START MATERIAL SUPPLIED
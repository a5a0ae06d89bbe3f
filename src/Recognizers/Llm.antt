-- ===== src/Recognizers/Llm.antt =====
-- recognizers/llm.go. `raw_text` gives the bytes of a value that was kept as `json.RawMessage`.
use casdoor_aiguard.Common.{
  Bool, true, false, not, ◌&&◌, ◌||◌, Option, none, some, List, [], ◌∷◌, is_nil, keep_if,
  if◌then◌else◌,
}
use casdoor_aiguard.Common.Text.{Str, ◌==◌, has_infix, has_suffix, join, codes}
use casdoor_aiguard.Http.{Request}
use casdoor_aiguard.Intent.{Intent}
use casdoor_aiguard.Json.{
  Json, null, boolean, string, array, object, Items, nil, cons, Fields, end, field,
}
use casdoor_aiguard.Recognizers.Decode.{set_string, set_bool, set_raw, decode_field, as_object}
use casdoor_aiguard.Recognizers.Mcp.{◌>>=◌, bare_intent, is_json_post}

pub record LlmMessage : Type 0 where
  pub role : Str
  pub content : Option Json

pub record LlmChatBody : Type 0 where
  pub model : Str
  pub messages : List LlmMessage
  pub prompt : Option Json
  pub system : Option Json
  pub stream : Bool

unfoldable pub decode_message : Json → Option LlmMessage
unfolding decode_field as_object set_string set_raw
decode_message v = do
  fs ← as_object (some v)
  role ← decode_field (codes "role") set_string [] fs
  content ← decode_field (codes "content") set_raw none fs
  some (record { role = role; content = content })

unfoldable pub decode_messages : Items → Option (List LlmMessage)
unfolding decode_message
decode_messages nil = some []
decode_messages (cons v vs) = do m ← decode_message v; ms ← decode_messages vs; some (m ∷ ms)

unfoldable pub set_messages : List LlmMessage → Json → Option (List LlmMessage)
unfolding decode_messages
set_messages old null = some []
set_messages old (array vs) = decode_messages vs
set_messages old _ = none

-- `json.Unmarshal(body, &b)`
unfoldable pub decode_chat : Option Json → Option LlmChatBody
unfolding decode_field as_object set_string set_messages set_raw set_bool
decode_chat v = do
  fs ← as_object v
  model ← decode_field (codes "model") set_string [] fs
  messages ← decode_field (codes "messages") set_messages [] fs
  prompt ← decode_field (codes "prompt") set_raw none fs
  system ← decode_field (codes "system") set_raw none fs
  stream ← decode_field (codes "stream") set_bool false fs
  some (record {
    model = model;
    messages = messages;
    prompt = prompt;
    system = system;
    stream = stream;
  })

-- An array of parts, each an object with a text.
unfoldable pub decode_parts : Items → Option (List Str)
unfolding decode_field as_object set_string
decode_parts nil = some []
decode_parts (cons v vs) = do
  fs ← as_object (some v)
  text ← decode_field (codes "text") set_string [] fs
  texts ← decode_parts vs
  some (text ∷ texts)

-- The texts of the parts that have one, a line each.
unfoldable pub join_parts : List Str → Str
unfolding join keep_if ◌==◌
join_parts texts = join (codes "\n") (keep_if (λ t. not (t == [])) texts)

unfoldable pub parts_text : Str → Option (List Str) → Str
unfolding join_parts ◌==◌
parts_text raw none = raw
parts_text raw (some texts) = if join_parts texts == [] then raw else join_parts texts

-- `messageText`
unfoldable pub message_text : (Json → Str) → Option Json → Str
unfolding parts_text decode_parts
message_text raw_text none = []
message_text raw_text (some null) = []
message_text raw_text (some (string s)) = s
message_text raw_text (some (array vs)) = parts_text (raw_text (array vs)) (decode_parts vs)
message_text raw_text (some v) = raw_text v

-- `lastUserPrompt`: the loop runs from the end, so a later message comes first.
unfoldable pub last_user : List LlmMessage → Option LlmMessage
unfolding ◌==◌
last_user [] = none
last_user (m ∷ ms) = elim (last_user ms) [
  | some u ↦ some u
  | none ↦ if m.role == codes "user" then some m else none
]

unfoldable pub last_user_prompt : (Json → Str) → List LlmMessage → Str
unfolding last_user
last_user_prompt raw_text ms = elim (last_user ms) [
  | some m ↦ message_text raw_text m.content
  | none ↦ []
]

-- `flattenMessages`
unfoldable pub flatten_messages : (Json → Str) → List LlmMessage → Items
unfolding message_text
flatten_messages raw_text [] = nil
flatten_messages raw_text (m ∷ ms) =
    cons
      (object (
        field (codes "role") (string m.role)
          (field (codes "content") (string (message_text raw_text m.content)) end)))
      (flatten_messages raw_text ms)

unfoldable pub path_looks_like_llm : Str → Bool
unfolding has_infix has_suffix
path_looks_like_llm path =
    has_infix (codes "/chat/completions") path
    || has_suffix (codes "/completions") path
    || has_suffix (codes "/messages") path
    || has_suffix (codes "/responses") path

abbrev pub is_given : Option Json → Bool
is_given none = false
is_given (some _) = true

unfoldable pub llm_action : Str → LlmChatBody → Str
unfolding has_suffix
llm_action path b =
    if has_suffix (codes "/messages") path
    then codes "messages"
    else if is_nil b.messages && is_given b.prompt
    then codes "text.completion"
    else codes "chat.completion"

unfoldable pub llm_prompt : (Json → Str) → LlmChatBody → Str
unfolding last_user_prompt message_text ◌==◌
llm_prompt raw_text b =
    if last_user_prompt raw_text b.messages == [] && is_given b.prompt
    then message_text raw_text b.prompt
    else last_user_prompt raw_text b.messages

unfoldable pub llm_system : (Json → Str) → LlmChatBody → Fields
unfolding message_text ◌==◌
llm_system raw_text b =
    if not (message_text raw_text b.system == [])
    then field (codes "system") (string (message_text raw_text b.system)) end
    else end

unfoldable pub llm_intent : (Json → Str) → Str → LlmChatBody → Option Intent
unfolding ◌==◌
llm_intent raw_text path b =
    if not (not (is_nil b.messages) || is_given b.prompt)
    then none
    else if not (path_looks_like_llm path) && b.model == []
    then none
    else some (record (bare_intent (codes "llm.chat") (llm_action path b)) {
      model = b.model;
      prompt = llm_prompt raw_text b;
      raw = field (codes "model") (string b.model) (
          field (codes "path") (string path) (
            field (codes "stream") (boolean b.stream) (
              field (codes "messages") (array (flatten_messages raw_text b.messages))
                (llm_system raw_text b))));
    })

-- `func (r *LLMRecognizer) Recognize`
unfoldable pub recognize_llm :
    (Str → Option Json) → (Json → Str) → Str → Request → Str → Option Intent
unfolding llm_intent
recognize_llm unmarshal raw_text host req body =
    if not (is_json_post req)
    then none
    else (do b ← decode_chat (unmarshal body); llm_intent raw_text req.url.path b)
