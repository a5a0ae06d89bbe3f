-- ===== src/Recognizers/Payment.antt =====
-- recognizers/payment.go: the payment recognizer.
use casdoor_aiguard.Common.{not, ◌&&◌, Option, none, some, [], if◌then◌else◌}
use casdoor_aiguard.Common.Text.{Str, ◌==◌, has_infix, codes}
use casdoor_aiguard.Float.{Float64, float_le, float_zero}
use casdoor_aiguard.Http.{Request, method_post}
use casdoor_aiguard.Intent.{Intent}
use casdoor_aiguard.Json.{Json, number, string, end, field}
use casdoor_aiguard.Recognizers.Decode.{set_string, set_number, decode_field, as_object}
use casdoor_aiguard.Recognizers.Mcp.{◌>>=◌, bare_intent}

pub record PaymentRequestBody : Type 0 where
  pub amount : Float64
  pub currency : Str
  pub recipient : Str
  pub payee : Str

-- `json.Unmarshal(body, &payload)`
unfoldable pub decode_payment : Option Json → Option PaymentRequestBody
unfolding decode_field as_object set_string set_number
decode_payment v = do
  fs ← as_object v
  amount ← decode_field (codes "amount") set_number float_zero fs
  currency ← decode_field (codes "currency") set_string [] fs
  recipient ← decode_field (codes "recipient") set_string [] fs
  payee ← decode_field (codes "payee") set_string [] fs
  some (record { amount = amount; currency = currency; recipient = recipient; payee = payee })

unfoldable pub recipient_of : PaymentRequestBody → Str
unfolding ◌==◌
recipient_of p = if p.recipient == [] then p.payee else p.recipient

unfoldable pub payment_intent : Str → PaymentRequestBody → Option Intent
payment_intent path p =
    if float_le p.amount float_zero
    then none
    else some (record (bare_intent (codes "payment") (codes "process_payment")) {
      amount = p.amount;
      currency = p.currency;
      recipient = recipient_of p;
      raw = field (codes "amount") (number p.amount) (
          field (codes "currency") (string p.currency) (
            field (codes "recipient") (string (recipient_of p))
              (field (codes "path") (string path) end)));
    })

-- `func (r *PaymentRecognizer) Recognize`
unfoldable pub recognize_payment : (Str → Option Json) → Str → Request → Str → Option Intent
unfolding ◌==◌
recognize_payment unmarshal host req body =
    if not (req.method == method_post)
    then none
    else if not (has_infix (codes "/payments") req.url.path)
        && not (has_infix (codes "/charges") req.url.path)
    then none
    else (do p ← decode_payment (unmarshal body); payment_intent req.url.path p)
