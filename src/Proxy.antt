-- ===== src/Proxy.antt =====
-- proxy/decision.go and proxy/http_handler.go: the decision on one intercepted request, and what the
-- proxy then does with it.
pub mod Decision
pub mod Serve
pub mod Laws
use casdoor_aiguard.Common.Text.{Str, codes}
use casdoor_aiguard.Json.{Json}
use casdoor_aiguard.Common.{Option, List, [], ◌∷◌}
use casdoor_aiguard.Recognizers.{Recognizer}
use casdoor_aiguard.Recognizers.Mcp.{recognize_mcp}
use casdoor_aiguard.Recognizers.Llm.{recognize_llm}
use casdoor_aiguard.Recognizers.Payment.{recognize_payment}

-- `recognizers.Default()`
unfoldable pub default_registry : (Str → Option Json) → (Json → Str) → List Recognizer
default_registry unmarshal raw_text =
    record { name = codes "mcp"; recognize = recognize_mcp unmarshal }
    ∷ record { name = codes "llm"; recognize = recognize_llm unmarshal raw_text }
    ∷ record { name = codes "payment-example"; recognize = recognize_payment unmarshal }
    ∷ []
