-- ===== src/Proxy/Decision.antt =====
-- proxy/decision.go: `Engine.Decide`.
use casdoor_aiguard.Common.{ℕ, not, ◌&&◌, ◌||◌, Option, none, some, List, [], ◌++◌, if◌then◌else◌}
use casdoor_aiguard.Common.Text.{Str, ◌==◌, codes}
use casdoor_aiguard.Event.{Event, new_event, attach_request}
use casdoor_aiguard.Http.{Request}
use casdoor_aiguard.Intent.{Intent}
use casdoor_aiguard.Pdp.{Client, Network, pdp_decide, Decision, decision_allow}
use casdoor_aiguard.Policy.{
  Policy, Action, action_allow, action_deny, action_step_up, evaluate, is_recognizer_enabled,
}
use casdoor_aiguard.Recognizers.{Recognizer, recognize_first}
use casdoor_aiguard.Settings.{Settings}

-- `SourceMeta`
pub record SourceMeta : Type 0 where
  pub pid : ℕ
  pub process_name : Str
  pub agent : Str

-- What `Decide` returns: the action, the reason and the event that describes them.
pub record Ruling : Type 0 where
  pub action : Action
  pub reason : Str
  pub event : Event

-- One request as `Decide` sees it, with the id and time that its event will have.
pub record Exchange : Type 0 where
  pub host : Str
  pub request : Request
  pub body : Str
  pub source : SourceMeta
  pub uuid : Str
  pub now : ℕ

-- The local function `build`
unfoldable pub build : Exchange → Str → Option Intent → Action → Str → Ruling
unfolding new_event attach_request
build x recognizer_name intent action reason =
    let ev =
      new_event x.uuid x.now x.host x.source.pid x.source.process_name recognizer_name intent action
        reason in
    record {
      action = action;
      reason = reason;
      event = attach_request (record ev { agent = x.source.agent }) (some x.request) x.body;
    }

-- The action that a pending step-up defaults to: what the settings say, if it is allow or deny.
unfoldable pub step_up_stub : Settings → Action
unfolding ◌==◌
step_up_stub s =
    if not (s.intercept.step_up_default_action == action_allow)
      && not (s.intercept.step_up_default_action == action_deny)
    then action_deny
    else s.intercept.step_up_default_action

unfoldable pub step_up_reason : Settings → Str → Str
unfolding step_up_stub
step_up_reason s rule_reason =
    codes "step-up required (CIBA stubbed): " ++ (rule_reason ++ (codes " -> " ++ step_up_stub s))

-- The subject that is named to the PDP.
unfoldable pub source_of : SourceMeta → Str
unfolding ◌==◌
source_of m =
    if m.agent == []
    then if m.process_name == [] then codes "unknown-agent" else m.process_name
    else m.agent

unfoldable pub pdp_action : Decision → Action
pdp_action decision_allow = action_allow
pdp_action _ = action_deny

-- The branch that asks the PDP.
unfoldable pub by_pdp : Exchange → Str → Intent → (Decision × Str) × Client → Ruling × Client
unfolding pdp_action build
by_pdp x recognizer_name intent ((decision, reason), c) =
    (build x recognizer_name (some intent) (pdp_action decision) reason, c)

-- The `switch` on the policy's action; any action that it does not name goes to the PDP.
unfoldable pub by_action :
    Network → Settings → Exchange → Str → Intent → Action × Str → Client → Ruling × Client
unfolding by_pdp build step_up_stub step_up_reason source_of ◌==◌
by_action net s x recognizer_name intent (action, rule_reason) c =
    if action == action_allow || action == action_deny
    then (build x recognizer_name (some intent) action rule_reason, c)
    else if action == action_step_up
    then (build x recognizer_name (some intent) (step_up_stub s) (step_up_reason s rule_reason), c)
    else by_pdp x recognizer_name intent (pdp_decide net s intent (source_of x.source) c)

unfoldable pub on_recognized :
    Network → Settings → Policy → Exchange → Option (Intent × Str) → Client → Ruling × Client
unfolding by_action build evaluate is_recognizer_enabled
on_recognized net s p x none c = (
  build x [] none (if not s.intercept.passthrough_unrecognized then action_deny else action_allow)
      (codes "unrecognized-traffic"),
  c,
)
on_recognized net s p x (some (intent, name)) c =
    if not (is_recognizer_enabled p name)
    then (build x name (some intent) action_allow (codes "recognizer-disabled"), c)
    else by_action net s x name intent (evaluate p intent x.host) c

-- `func (e *Engine) Decide`; the state is the PDP client's.
unfoldable pub decide :
    List Recognizer → Network → Settings → Policy → Exchange → Client → Ruling × Client
unfolding on_recognized recognize_first
decide registry net s p x c =
    on_recognized net s p x (recognize_first registry x.host x.request x.body) c
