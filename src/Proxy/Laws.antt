-- ===== src/Proxy/Laws.antt =====
-- proxy/decision.go and proxy/http_handler.go: the theorems.
pub mod Permits
pub mod Effects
END MATERIAL SUPPLIED
From the entries above, copy every line containing the word "SourceMeta".

▶ [THE ANSWER]
-- `SourceMeta`
pub record SourceMeta : Type 0 where
  pub source : SourceMeta
unfoldable pub source_of : SourceMeta → Str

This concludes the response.